Please copy each line from the entries that contains the string "where".
(Beginning of LISTED ENTRIES)
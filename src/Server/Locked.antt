-- ===== src/Server/Locked.antt =====
-- The lock of the session and the cache: while the session is not authenticated, the cache of the
-- daemon is empty. The histories are in Locked/Histories.
pub mod Histories
pub mod Race
use mathlib.Core.Path.{subst}
use opx.Prelude.{
  ℕ, ◌≡◌, ◌≢◌, ◌∙◌, refl, sym, ap, Bool, true, false, Option, none, some, List, [], ◌∷◌, arith,
  Bool-cases, Option-cases, inl, inr, if◌then◌else◌,
}
use opx.Prelude.Int.{ℤ, pos, ltb_ℤ}
use opx.Prelude.Bytes.{Bytes}
use opx.Cache.{
  Cache, Found, get, set_value, inc_hit, inc_miss, inc_in_flight, dec_in_flight, clear,
  cleanup_expired,
}
use opx.Cache.Ownership.{IsValid, Call, step-IsValid, leave, set_value-IsValid, cleanups, clears}
use opx.Cache.Refinement.{clear_lem}
use opx.Session.{SessionState, unknown, authenticated, locked, expired, is_active, requires_unlock}
use opx.Session.Manager.{
  Manager, SessionError, Outcome, validate_session, is_unknown, after_unlock, after_determine,
  attempt_unlock, attempt_with, determine_initial_state, determine_with, check_idle_timeout,
  update_activity,
}
use opx.Security.{PeerInfo}
use opx.Protocol.{ReadResponse}
use opx.Backend.{Result, ok, err, Backend}
use opx.Daemon.{
  World, Daemon, Op, clear_cache, validate_current_session, session_aware, plain_op_cli, touch,
  after_read, validated, read_in_session,
}
use opx.Server.{
  Server, Clock, cache_key, on_cache, read_one_with_flags, read_granted, read_found, check_access,
  fly, fly_found, store_result, leaving,
}
use opx.Server.Reads.{check_access_lem}

module _ {E : Type 0} (op : Op E) where
  -- What holds of a manager with the callbacks of the server, and of the rest of the daemon.
  pub record IsSecure (m : Manager (World E)) (w : World E) : Type 0 where
    pub lock_set : m.lock_callback ≡ some (clear_cache op)
    pub unlock_set : m.unlock_callback ≡ some (validate_current_session op)
    pub valid : IsValid w.cache
    pub empty : m.state ≢ authenticated → w.cache.entries ≡ []

  abbrev pub Guarded : Option (Manager (World E)) → World E → Type 0
  Guarded none w = ⊥
  Guarded (some m) w = IsSecure m w

  abbrev IsOpen : Option (Manager (World E)) → Type 0
  IsOpen none = ⊥
  IsOpen (some m) = m.state ≡ authenticated

  -- The unlock callback leaves the cache alone.
  unlock-cache : (w : World E) → (validate_current_session op w).1.cache ≡ w.cache
  unfolding validate_current_session
  unlock-cache w = refl

  -- A validation leaves the cache alone, and where it has no error the session is authenticated.
  abbrev pub Validated : Outcome (World E) → Type 0
  Validated (m, w', none) = IsSecure m w' × (m.state ≡ authenticated)
  Validated (m, w', some e) = IsSecure m w'

  -- A state in which the cache is that of `w`.
  kept :
      (m m' : Manager (World E)) (w w' : World E)
      → IsSecure m w
      → m'.lock_callback ≡ m.lock_callback
      → m'.unlock_callback ≡ m.unlock_callback
      → w'.cache ≡ w.cache
      → (m'.state ≢ authenticated → w.cache.entries ≡ [])
      → IsSecure m' w'
  kept m m' w w' h l u c e = record {
    lock_set = l ∙ h.lock_set;
    unlock_set = u ∙ h.unlock_set;
    valid = rw c h.valid;
    empty = λ ne. ap (λ (c : Cache). c.entries) c ∙ e ne;
  }

  after_unlock-IsSecure :
      (m : Manager (World E)) (w : World E) (now : ℤ) (r : Bool × World E)
      → r.1.cache ≡ w.cache
      → IsSecure m w
      → Validated (after_unlock m now r)
  unfolding after_unlock
  after_unlock-IsSecure m w now (true, w') c h =
      (kept m _ w w' h refl refl c (λ ne. absurd (ne refl)), refl)
  after_unlock-IsSecure m w now (false, w') c h = kept m m w w' h refl refl c h.empty

  after_determine-IsSecure :
      (m : Manager (World E)) (w : World E) (now : ℤ) (r : Bool × World E)
      → r.1.cache ≡ w.cache
      → m.state ≢ authenticated
      → IsSecure m w
      → Validated (after_determine m now r)
  unfolding after_determine
  after_determine-IsSecure m w now (true, w') c ne h =
      (kept m _ w w' h refl refl c (λ ne. absurd (ne refl)), refl)
  after_determine-IsSecure m w now (false, w') c ne h =
      kept m _ w w' h refl refl c (λ _. h.empty ne)

  attempt-IsSecure :
      (m : Manager (World E)) (w : World E) (now : ℤ)
      → IsSecure m w
      → Validated (attempt_unlock m w now)
  unfolding attempt_unlock attempt_with
  attempt-IsSecure m w now h =
      subst (λ u. Validated (attempt_with u m w now)) (sym h.unlock_set)
        (after_unlock-IsSecure m w now (validate_current_session op w) (unlock-cache w) h)

  determine-IsSecure :
      (m : Manager (World E)) (w : World E) (now : ℤ)
      → m.state ≢ authenticated
      → IsSecure m w
      → Validated (determine_initial_state m w now)
  unfolding determine_initial_state determine_with
  determine-IsSecure m w now ne h =
      subst (λ u. Validated (determine_with u m w now)) (sym h.unlock_set)
        (after_determine-IsSecure m w now (validate_current_session op w) (unlock-cache w) ne h)

  pub validate-IsSecure :
      (m : Manager (World E)) (w : World E) (now : ℤ) (st : SessionState)
      → m.state ≡ st
      → IsSecure m w
      → Validated (validate_session m w now)
  unfolding validate_session
  validate-IsSecure m w now authenticated e h =
      let active : is_active m.state ≡ true = ap is_active e in rw active (h, e)
  validate-IsSecure m w now unknown e h =
      let active : is_active m.state ≡ false = ap is_active e in
      let closed : requires_unlock m.state ≡ false = ap requires_unlock e in
      let new : is_unknown m.state ≡ true = ap is_unknown e in
      rw (active, closed, new) (determine-IsSecure m w now (λ q. cc) h)
  validate-IsSecure m w now locked e h =
      let active : is_active m.state ≡ false = ap is_active e in
      let closed : requires_unlock m.state ≡ true = ap requires_unlock e in
      rw (active, closed) (attempt-IsSecure m w now h)
  validate-IsSecure m w now expired e h =
      let active : is_active m.state ≡ false = ap is_active e in
      let closed : requires_unlock m.state ≡ true = ap requires_unlock e in
      rw (active, closed) (attempt-IsSecure m w now h)

  -- A change of the cache that adds no entry.
  abbrev Shrinks : Cache → Cache → Type 0
  Shrinks c c' = (c'.entries ≡ c.entries) × (IsValid c → IsValid c')

  on_cache-Guarded :
      (m : Option (Manager (World E))) (w : World E) (c' : Cache)
      → (c'.entries ≡ w.cache.entries)
      → IsValid c'
      → Guarded m w
      → Guarded m (record w { cache = c' })
  on_cache-Guarded none w c' e v h = h
  on_cache-Guarded (some m) w c' e v h = record {
    lock_set = h.lock_set;
    unlock_set = h.unlock_set;
    valid = v;
    empty = λ ne. e ∙ h.empty ne;
  }

  Guarded-IsValid : (m : Option (Manager (World E))) (w : World E) → Guarded m w → IsValid w.cache
  Guarded-IsValid none w h = absurd h
  Guarded-IsValid (some m) w h = h.valid

  -- An authenticated session lets any cache be.
  on_cache-open :
      (m : Option (Manager (World E))) (w : World E) (c' : Cache)
      → IsOpen m
      → IsValid c'
      → Guarded m w
      → Guarded m (record w { cache = c' })
  on_cache-open none w c' o v h = h
  on_cache-open (some m) w c' o v h = record {
    lock_set = h.lock_set;
    unlock_set = h.unlock_set;
    valid = v;
    empty = λ ne. absurd (ne o);
  }

  entries-leave : (c : Cache) → (dec_in_flight c).entries ≡ c.entries
  unfolding dec_in_flight
  entries-leave c = elim (Bool-cases (ltb_ℤ (pos 0) c.inflight)) [
    | inl q ↦ rw q refl
    | inr q ↦ rw q refl
  ]

  -- The backend: it leaves the cache and the session alone.
  abbrev pub Keeps : Backend (Daemon E) → Type 0
  Keeps b =
      (ref : Bytes) (flags : List Bytes) (now : ℤ) (d : Daemon E)
      → let d' = (b.read_ref_with_flags ref flags now d).1 in
        (d'.session ≡ d.session) × (d'.world.cache ≡ d.world.cache)

  -- After a read of the backend: where it gives a value the session is authenticated.
  abbrev Answered : Result Bytes × Daemon E → Type 0
  Answered (ok v, d) = Guarded d.session d.world × IsOpen d.session
  Answered (err e, d) = Guarded d.session d.world

  same_cache :
      (m : Option (Manager (World E))) (w w' : World E)
      → w'.cache ≡ w.cache
      → Guarded m w
      → Guarded m w'
  same_cache none w w' c h = h
  same_cache (some m) w w' c h = kept m m w w' h refl refl c h.empty

  touch-Guarded :
      (now : ℤ) (m : Option (Manager (World E))) (w : World E)
      → Guarded m w
      → IsOpen m
      → Guarded (touch now m) w × IsOpen (touch now m)
  unfolding touch update_activity
  touch-Guarded now none w h o = (h, o)
  touch-Guarded now (some m) w h o = elim (Bool-cases (is_active m.state)) [
    | inl a ↦ rw a (kept m _ w w h refl refl refl h.empty, o)
    | inr a ↦ rw a (h, o)
  ]

  -- What a handler keeps.
  abbrev pub DaemonGuarded : Daemon E → Type 0
  DaemonGuarded d = Guarded d.session d.world

  module _ (inner : Backend (Daemon E)) (keeps : Keeps inner) where
    after_read-Answered :
        (now : ℤ) (r : Result Bytes × Daemon E)
        → Guarded r.1.session r.1.world
        → IsOpen r.1.session
        → Answered (after_read now r)
    unfolding after_read
    after_read-Answered now (ok v, d) h o = touch-Guarded now d.session d.world h o
    after_read-Answered now (err e, d) h o = h

    validated-Answered :
        (ref : Bytes) (flags : List Bytes) (now : ℤ) (d : Daemon E) (r : Outcome (World E))
        → Validated r
        → Answered
            (validated inner ref flags now (record d { session = some r.0; world = r.1 }) r.2)
    unfolding validated
    validated-Answered ref flags now d (m, w, some e) h = h
    validated-Answered ref flags now d (m, w, none) (h, o) =
        let d1 : Daemon E = record d { session = some m; world = w } in
        let (s, c) = keeps ref flags now d1 in
        after_read-Answered now (inner.read_ref_with_flags ref flags now d1)
          (rw s (same_cache (some m) w _ c h)) (rw s o)

    in_session-Answered :
        (ref : Bytes) (flags : List Bytes) (now : ℤ) (d : Daemon E) (m : Option (Manager (World E)))
        → Guarded m d.world
        → Answered (read_in_session inner ref flags now d m)
    unfolding read_in_session
    in_session-Answered ref flags now d none h = absurd h
    in_session-Answered ref flags now d (some m) h =
        validated-Answered ref flags now d (validate_session m d.world now)
          (validate-IsSecure m d.world now m.state refl h)

    module _ (s : Server E) (aware : s.backend ≡ session_aware inner) where
      store-Guarded :
          (key ref : Bytes) (t : Clock) (r : Result Bytes × Daemon E)
          → Answered r
          → DaemonGuarded (store_result key ref t r).1
      unfolding store_result on_cache
      store-Guarded key ref t (err e, d) h = h
      store-Guarded key ref t (ok v, d) (h, o) =
          on_cache-open d.session d.world _ o
            (set_value-IsValid d.world.cache key v t.stored t.stored_again
              (Guarded-IsValid d.session d.world h))
            h

      read_backend-Answered :
          (ref : Bytes) (flags : List Bytes) (now : ℤ) (d : Daemon E)
          → DaemonGuarded d
          → Answered (s.backend.read_ref_with_flags ref flags now d)
      unfolding session_aware
      read_backend-Answered ref flags now d h =
          rw aware (in_session-Answered ref flags now d d.session h)

      fly-Guarded :
          (key ref : Bytes) (flags : List Bytes) (t : Clock) (d : Daemon E)
          → DaemonGuarded d
          → DaemonGuarded (fly s key ref flags t d).1
      unfolding fly on_cache inc_hit
      fly-Guarded key ref flags t d h = elim (Option-cases (get d.world.cache key t.looked_again)) [
        | inl e ↦
            rw (e, fly_found)
              (store-Guarded key ref t (s.backend.read_ref_with_flags ref flags t.called d)
                (read_backend-Answered ref flags t.called d h))
        | inr (r, e) ↦
            rw (e, fly_found)
              (on_cache-Guarded d.session d.world _ refl (Guarded-IsValid d.session d.world h) h)
      ]

      leaving-Guarded :
          (r : Result ReadResponse × Daemon E) → DaemonGuarded r.1 → DaemonGuarded (leaving r).1
      unfolding leaving on_cache
      leaving-Guarded (r, d) h =
          on_cache-Guarded d.session d.world (dec_in_flight d.world.cache)
            (entries-leave d.world.cache)
            (step-IsValid d.world.cache leave (Guarded-IsValid d.session d.world h)) h

      found-Guarded :
          (key ref : Bytes) (flags : List Bytes) (t : Clock) (d : Daemon E) (o : Option Found)
          → DaemonGuarded d
          → DaemonGuarded (read_found s key ref flags t d o).1
      unfolding read_found on_cache inc_hit inc_in_flight inc_miss
      found-Guarded key ref flags t d (some r) h =
          on_cache-Guarded d.session d.world _ refl (Guarded-IsValid d.session d.world h) h
      found-Guarded key ref flags t d none h =
          let entered = on_cache (λ c. inc_in_flight (inc_miss c)) d in
          leaving-Guarded (fly s key ref flags t entered) (
            fly-Guarded key ref flags t entered
              (on_cache-Guarded d.session d.world _ refl (Guarded-IsValid d.session d.world h) h))

      granted-Guarded :
          (ref : Bytes) (flags : List Bytes) (t : Clock) (r : Bool × Daemon E)
          → DaemonGuarded r.1
          → DaemonGuarded (read_granted s ref flags t r).1
      unfolding read_granted
      granted-Guarded ref flags t (false, d) h = h
      granted-Guarded ref flags t (true, d) h =
          found-Guarded (cache_key ref flags) ref flags t d _ h

      pub read-Guarded :
          (peer : Option PeerInfo) (ref : Bytes) (flags : List Bytes) (t : Clock) (d : Daemon E)
          → DaemonGuarded d
          → DaemonGuarded (read_one_with_flags s peer ref flags t d).1
      unfolding read_one_with_flags
      read-Guarded peer ref flags t d h =
          let (_, w, m) = check_access_lem s peer ref t.decided d in
          granted-Guarded ref flags t (check_access s peer ref t.decided d) (rw (w, m) h)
(End of LISTED ENTRIES)
[SOLUTION FOR THIS EXERCISE]:
module _ {E : Type 0} (op : Op E) where
  pub record IsSecure (m : Manager (World E)) (w : World E) : Type 0 where
  -- A validation leaves the cache alone, and where it has no error the session is authenticated.
  -- After a read of the backend: where it gives a value the session is authenticated.
  module _ (inner : Backend (Daemon E)) (keeps : Keeps inner) where
    module _ (s : Server E) (aware : s.backend ≡ session_aware inner) where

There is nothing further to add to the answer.